Segment Start: EXTRACTED DATA

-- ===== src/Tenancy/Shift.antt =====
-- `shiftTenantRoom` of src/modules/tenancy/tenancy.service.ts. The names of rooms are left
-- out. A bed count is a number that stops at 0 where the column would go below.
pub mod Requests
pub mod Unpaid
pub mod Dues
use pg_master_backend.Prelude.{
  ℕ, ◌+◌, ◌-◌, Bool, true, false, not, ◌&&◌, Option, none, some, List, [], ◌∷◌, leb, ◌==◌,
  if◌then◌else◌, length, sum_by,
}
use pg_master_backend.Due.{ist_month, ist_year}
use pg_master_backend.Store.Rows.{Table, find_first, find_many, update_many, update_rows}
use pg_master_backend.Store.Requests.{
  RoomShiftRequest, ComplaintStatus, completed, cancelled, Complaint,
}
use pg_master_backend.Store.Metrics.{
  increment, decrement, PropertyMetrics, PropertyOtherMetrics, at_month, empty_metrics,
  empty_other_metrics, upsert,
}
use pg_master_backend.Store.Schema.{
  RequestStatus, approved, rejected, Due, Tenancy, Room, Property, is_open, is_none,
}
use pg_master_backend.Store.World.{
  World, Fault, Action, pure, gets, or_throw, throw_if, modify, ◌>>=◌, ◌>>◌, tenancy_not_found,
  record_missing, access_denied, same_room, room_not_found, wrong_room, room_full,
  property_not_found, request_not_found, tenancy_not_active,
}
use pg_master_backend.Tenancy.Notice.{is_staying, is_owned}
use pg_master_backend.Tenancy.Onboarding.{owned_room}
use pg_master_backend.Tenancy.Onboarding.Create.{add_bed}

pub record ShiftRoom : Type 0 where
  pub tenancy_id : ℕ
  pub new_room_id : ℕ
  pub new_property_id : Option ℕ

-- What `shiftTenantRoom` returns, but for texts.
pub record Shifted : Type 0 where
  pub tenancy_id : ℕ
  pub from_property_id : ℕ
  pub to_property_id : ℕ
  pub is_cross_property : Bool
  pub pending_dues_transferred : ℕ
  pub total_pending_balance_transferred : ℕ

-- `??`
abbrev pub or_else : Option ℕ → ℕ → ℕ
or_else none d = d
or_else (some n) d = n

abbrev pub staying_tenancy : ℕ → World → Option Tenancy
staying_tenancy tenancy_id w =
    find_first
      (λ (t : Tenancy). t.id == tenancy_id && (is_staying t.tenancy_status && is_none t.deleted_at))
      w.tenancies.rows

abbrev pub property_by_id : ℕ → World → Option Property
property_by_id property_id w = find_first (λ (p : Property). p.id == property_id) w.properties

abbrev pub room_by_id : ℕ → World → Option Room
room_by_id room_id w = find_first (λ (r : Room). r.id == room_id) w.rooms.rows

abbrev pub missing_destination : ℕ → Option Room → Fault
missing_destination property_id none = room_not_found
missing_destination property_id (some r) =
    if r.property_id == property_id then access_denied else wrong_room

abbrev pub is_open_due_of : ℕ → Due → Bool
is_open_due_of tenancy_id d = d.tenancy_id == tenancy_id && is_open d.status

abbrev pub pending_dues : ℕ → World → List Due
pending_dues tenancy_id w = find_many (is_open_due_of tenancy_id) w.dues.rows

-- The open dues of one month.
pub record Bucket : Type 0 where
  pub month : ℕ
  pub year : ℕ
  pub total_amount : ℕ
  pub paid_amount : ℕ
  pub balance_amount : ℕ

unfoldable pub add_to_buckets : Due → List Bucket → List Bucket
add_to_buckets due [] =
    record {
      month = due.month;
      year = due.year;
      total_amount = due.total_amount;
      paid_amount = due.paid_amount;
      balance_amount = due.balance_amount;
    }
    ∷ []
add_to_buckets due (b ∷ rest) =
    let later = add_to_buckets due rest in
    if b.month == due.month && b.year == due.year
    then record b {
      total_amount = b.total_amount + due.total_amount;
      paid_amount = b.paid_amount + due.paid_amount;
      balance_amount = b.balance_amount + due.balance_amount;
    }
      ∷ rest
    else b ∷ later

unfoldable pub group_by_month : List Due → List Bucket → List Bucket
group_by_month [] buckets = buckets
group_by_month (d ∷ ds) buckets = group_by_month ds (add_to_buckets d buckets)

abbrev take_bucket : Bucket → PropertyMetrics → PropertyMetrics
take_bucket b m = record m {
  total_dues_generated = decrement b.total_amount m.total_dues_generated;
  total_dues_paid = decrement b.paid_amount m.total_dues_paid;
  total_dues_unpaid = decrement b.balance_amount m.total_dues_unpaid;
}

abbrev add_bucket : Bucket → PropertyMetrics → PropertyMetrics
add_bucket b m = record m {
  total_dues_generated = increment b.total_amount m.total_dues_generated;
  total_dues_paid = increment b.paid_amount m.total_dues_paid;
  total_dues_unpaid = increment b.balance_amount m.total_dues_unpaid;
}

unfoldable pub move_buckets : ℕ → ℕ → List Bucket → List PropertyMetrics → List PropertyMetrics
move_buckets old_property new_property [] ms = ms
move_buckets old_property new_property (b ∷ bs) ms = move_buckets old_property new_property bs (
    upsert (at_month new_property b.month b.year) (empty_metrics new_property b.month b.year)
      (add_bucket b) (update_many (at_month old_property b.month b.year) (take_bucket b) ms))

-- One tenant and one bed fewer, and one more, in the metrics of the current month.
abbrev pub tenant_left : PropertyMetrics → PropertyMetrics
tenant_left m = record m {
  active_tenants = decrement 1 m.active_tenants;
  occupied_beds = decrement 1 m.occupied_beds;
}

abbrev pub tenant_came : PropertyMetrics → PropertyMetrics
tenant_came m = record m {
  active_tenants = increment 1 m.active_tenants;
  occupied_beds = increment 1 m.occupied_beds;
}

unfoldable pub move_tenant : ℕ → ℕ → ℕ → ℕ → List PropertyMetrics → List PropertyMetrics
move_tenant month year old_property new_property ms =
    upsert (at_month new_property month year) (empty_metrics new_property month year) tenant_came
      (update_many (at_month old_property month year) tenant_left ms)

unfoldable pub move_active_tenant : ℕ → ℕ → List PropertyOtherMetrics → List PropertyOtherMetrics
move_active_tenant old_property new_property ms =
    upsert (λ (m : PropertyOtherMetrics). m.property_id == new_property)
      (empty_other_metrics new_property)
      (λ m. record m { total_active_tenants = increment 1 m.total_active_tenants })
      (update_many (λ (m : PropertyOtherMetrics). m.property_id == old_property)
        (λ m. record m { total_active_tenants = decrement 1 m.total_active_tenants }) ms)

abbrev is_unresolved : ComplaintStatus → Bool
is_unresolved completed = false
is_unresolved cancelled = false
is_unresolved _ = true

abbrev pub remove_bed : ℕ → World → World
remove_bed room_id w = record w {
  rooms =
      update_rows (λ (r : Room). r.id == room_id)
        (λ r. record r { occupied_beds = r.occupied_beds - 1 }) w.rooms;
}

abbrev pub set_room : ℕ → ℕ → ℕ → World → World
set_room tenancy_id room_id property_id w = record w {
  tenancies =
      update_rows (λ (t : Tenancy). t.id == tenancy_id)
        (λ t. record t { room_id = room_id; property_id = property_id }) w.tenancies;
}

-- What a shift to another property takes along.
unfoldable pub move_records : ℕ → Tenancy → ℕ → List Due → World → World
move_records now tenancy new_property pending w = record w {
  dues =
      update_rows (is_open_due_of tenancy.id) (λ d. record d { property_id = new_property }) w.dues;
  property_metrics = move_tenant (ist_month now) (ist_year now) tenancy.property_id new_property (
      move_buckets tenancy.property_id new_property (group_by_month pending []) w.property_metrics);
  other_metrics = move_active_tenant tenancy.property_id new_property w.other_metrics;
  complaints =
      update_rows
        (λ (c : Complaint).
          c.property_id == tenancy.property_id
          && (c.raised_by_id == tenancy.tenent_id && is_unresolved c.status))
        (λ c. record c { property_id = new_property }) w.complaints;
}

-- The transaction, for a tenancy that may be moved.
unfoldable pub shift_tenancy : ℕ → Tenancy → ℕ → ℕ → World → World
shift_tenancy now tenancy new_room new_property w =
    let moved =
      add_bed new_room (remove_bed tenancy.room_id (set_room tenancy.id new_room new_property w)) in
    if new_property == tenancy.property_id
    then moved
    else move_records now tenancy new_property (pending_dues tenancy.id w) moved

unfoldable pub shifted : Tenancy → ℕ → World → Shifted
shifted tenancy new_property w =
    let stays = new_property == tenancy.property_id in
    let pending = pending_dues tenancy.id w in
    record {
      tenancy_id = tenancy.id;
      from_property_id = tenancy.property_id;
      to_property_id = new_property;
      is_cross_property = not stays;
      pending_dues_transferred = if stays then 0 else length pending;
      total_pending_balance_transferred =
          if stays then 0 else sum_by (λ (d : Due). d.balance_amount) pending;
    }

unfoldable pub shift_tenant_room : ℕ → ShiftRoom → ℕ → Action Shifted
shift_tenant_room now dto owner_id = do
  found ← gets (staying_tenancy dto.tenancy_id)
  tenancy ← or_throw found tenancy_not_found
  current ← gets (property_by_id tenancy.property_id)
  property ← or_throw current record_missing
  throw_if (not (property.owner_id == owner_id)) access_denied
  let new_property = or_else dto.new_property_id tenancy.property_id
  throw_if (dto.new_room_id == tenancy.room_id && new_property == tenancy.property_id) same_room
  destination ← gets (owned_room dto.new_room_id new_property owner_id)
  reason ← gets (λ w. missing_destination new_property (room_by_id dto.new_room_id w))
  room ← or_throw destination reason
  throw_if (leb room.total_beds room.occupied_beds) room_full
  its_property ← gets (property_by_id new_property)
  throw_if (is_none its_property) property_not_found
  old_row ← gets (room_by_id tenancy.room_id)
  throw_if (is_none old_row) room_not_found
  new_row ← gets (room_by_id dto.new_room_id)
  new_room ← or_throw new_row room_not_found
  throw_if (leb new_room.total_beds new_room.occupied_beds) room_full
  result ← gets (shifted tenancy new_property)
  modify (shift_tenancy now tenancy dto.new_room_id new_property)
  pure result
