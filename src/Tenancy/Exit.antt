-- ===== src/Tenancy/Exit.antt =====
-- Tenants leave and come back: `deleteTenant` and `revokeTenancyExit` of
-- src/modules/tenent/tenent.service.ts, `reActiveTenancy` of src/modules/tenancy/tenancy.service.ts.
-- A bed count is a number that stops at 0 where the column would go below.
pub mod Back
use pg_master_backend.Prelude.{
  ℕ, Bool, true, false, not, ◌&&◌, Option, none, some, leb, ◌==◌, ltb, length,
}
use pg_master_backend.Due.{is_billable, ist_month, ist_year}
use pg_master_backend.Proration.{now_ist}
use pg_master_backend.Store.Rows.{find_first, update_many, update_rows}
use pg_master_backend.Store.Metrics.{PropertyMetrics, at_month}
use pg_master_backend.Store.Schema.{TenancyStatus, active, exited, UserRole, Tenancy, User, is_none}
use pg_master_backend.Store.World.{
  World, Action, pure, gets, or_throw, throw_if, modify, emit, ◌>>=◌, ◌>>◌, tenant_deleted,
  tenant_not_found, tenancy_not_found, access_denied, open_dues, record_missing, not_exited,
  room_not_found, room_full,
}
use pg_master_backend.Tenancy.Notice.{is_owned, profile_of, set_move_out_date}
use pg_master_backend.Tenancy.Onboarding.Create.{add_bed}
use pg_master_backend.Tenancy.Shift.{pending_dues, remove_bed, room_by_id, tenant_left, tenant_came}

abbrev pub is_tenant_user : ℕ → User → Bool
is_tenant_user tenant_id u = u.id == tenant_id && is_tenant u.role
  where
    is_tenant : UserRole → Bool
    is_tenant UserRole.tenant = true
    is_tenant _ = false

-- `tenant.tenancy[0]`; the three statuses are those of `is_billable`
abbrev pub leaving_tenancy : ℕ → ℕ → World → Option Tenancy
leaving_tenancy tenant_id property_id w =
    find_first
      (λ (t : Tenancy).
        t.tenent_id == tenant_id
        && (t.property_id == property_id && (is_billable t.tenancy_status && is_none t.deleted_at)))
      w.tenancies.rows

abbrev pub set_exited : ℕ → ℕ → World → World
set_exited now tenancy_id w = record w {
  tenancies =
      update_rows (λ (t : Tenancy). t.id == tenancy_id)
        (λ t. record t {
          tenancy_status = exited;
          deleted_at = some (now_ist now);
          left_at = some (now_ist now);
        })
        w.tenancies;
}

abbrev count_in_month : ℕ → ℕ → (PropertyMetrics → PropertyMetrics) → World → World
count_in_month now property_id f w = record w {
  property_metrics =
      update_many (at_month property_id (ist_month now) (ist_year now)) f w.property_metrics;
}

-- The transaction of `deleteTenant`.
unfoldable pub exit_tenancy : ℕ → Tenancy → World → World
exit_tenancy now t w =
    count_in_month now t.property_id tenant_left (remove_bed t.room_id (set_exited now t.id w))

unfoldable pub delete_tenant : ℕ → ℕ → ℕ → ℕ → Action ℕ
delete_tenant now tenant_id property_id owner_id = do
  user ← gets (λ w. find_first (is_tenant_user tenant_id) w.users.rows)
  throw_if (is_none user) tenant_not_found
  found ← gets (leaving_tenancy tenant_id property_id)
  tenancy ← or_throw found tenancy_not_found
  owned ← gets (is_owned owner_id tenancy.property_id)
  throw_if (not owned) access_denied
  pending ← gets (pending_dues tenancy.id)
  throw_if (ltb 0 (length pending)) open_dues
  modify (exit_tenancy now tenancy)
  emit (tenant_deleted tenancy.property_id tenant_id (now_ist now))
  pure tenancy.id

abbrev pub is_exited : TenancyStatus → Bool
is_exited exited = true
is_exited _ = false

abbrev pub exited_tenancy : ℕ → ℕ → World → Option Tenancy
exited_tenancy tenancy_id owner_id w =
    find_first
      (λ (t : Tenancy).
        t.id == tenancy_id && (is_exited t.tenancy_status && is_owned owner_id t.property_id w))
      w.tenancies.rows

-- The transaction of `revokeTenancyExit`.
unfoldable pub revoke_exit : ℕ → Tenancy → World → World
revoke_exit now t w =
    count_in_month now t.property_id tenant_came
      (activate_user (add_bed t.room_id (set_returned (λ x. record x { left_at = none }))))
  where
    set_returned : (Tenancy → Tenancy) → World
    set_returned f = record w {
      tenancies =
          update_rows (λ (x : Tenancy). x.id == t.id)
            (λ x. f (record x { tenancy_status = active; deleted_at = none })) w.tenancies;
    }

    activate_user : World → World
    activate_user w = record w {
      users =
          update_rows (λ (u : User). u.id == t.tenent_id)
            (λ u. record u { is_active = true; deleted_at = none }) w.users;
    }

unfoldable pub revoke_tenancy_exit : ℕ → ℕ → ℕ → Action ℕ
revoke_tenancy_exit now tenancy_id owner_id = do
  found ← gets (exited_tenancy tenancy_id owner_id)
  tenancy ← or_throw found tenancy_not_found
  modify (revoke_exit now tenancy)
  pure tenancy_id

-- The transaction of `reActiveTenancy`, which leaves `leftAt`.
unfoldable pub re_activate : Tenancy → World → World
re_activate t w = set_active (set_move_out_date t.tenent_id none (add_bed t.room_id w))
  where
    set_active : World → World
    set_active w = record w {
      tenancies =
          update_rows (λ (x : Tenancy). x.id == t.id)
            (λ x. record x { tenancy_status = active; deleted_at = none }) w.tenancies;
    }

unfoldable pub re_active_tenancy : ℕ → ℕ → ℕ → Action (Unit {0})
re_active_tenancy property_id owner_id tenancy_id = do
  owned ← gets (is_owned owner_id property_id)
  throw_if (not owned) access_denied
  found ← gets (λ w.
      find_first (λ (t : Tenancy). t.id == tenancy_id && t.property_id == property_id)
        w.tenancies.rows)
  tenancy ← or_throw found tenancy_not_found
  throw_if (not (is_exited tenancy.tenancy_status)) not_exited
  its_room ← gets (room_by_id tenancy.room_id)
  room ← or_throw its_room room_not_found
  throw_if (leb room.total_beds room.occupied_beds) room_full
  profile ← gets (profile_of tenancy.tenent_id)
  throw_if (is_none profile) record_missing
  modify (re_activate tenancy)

Segment End: EXTRACTED DATA

◆ PROBLEM TO SOLVE
Once you reach the line with "balance_amount = due.balance_amount;" in the data above, copy it and every line after it exactly, up to and including the line with "(add_bucket b) (update_many".

◆ WRITTEN REPLY
      balance_amount = due.balance_amount;
    }
    ∷ []
add_to_buckets due (b ∷ rest) =
    let later = add_to_buckets due rest in
    if b.month == due.month && b.year == due.year
    then record b {
      total_amount = b.total_amount + due.total_amount;
      paid_amount = b.paid_amount + due.paid_amount;
      balance_amount = b.balance_amount + due.balance_amount;
    }
      ∷ rest
    else b ∷ later

unfoldable pub group_by_month : List Due → List Bucket → List Bucket
group_by_month [] buckets = buckets
group_by_month (d ∷ ds) buckets = group_by_month ds (add_to_buckets d buckets)

abbrev take_bucket : Bucket → PropertyMetrics → PropertyMetrics
take_bucket b m = record m {
  total_dues_generated = decrement b.total_amount m.total_dues_generated;
  total_dues_paid = decrement b.paid_amount m.total_dues_paid;
  total_dues_unpaid = decrement b.balance_amount m.total_dues_unpaid;
}

abbrev add_bucket : Bucket → PropertyMetrics → PropertyMetrics
add_bucket b m = record m {
  total_dues_generated = increment b.total_amount m.total_dues_generated;
  total_dues_paid = increment b.paid_amount m.total_dues_paid;
  total_dues_unpaid = increment b.balance_amount m.total_dues_unpaid;
}

unfoldable pub move_buckets : ℕ → ℕ → List Bucket → List PropertyMetrics → List PropertyMetrics
move_buckets old_property new_property [] ms = ms
move_buckets old_property new_property (b ∷ bs) ms = move_buckets old_property new_property bs (
    upsert (at_month new_property b.month b.year) (empty_metrics new_property b.month b.year)
      (add_bucket b) (update_many (at_month old_property b.month b.year) (take_bucket b) ms))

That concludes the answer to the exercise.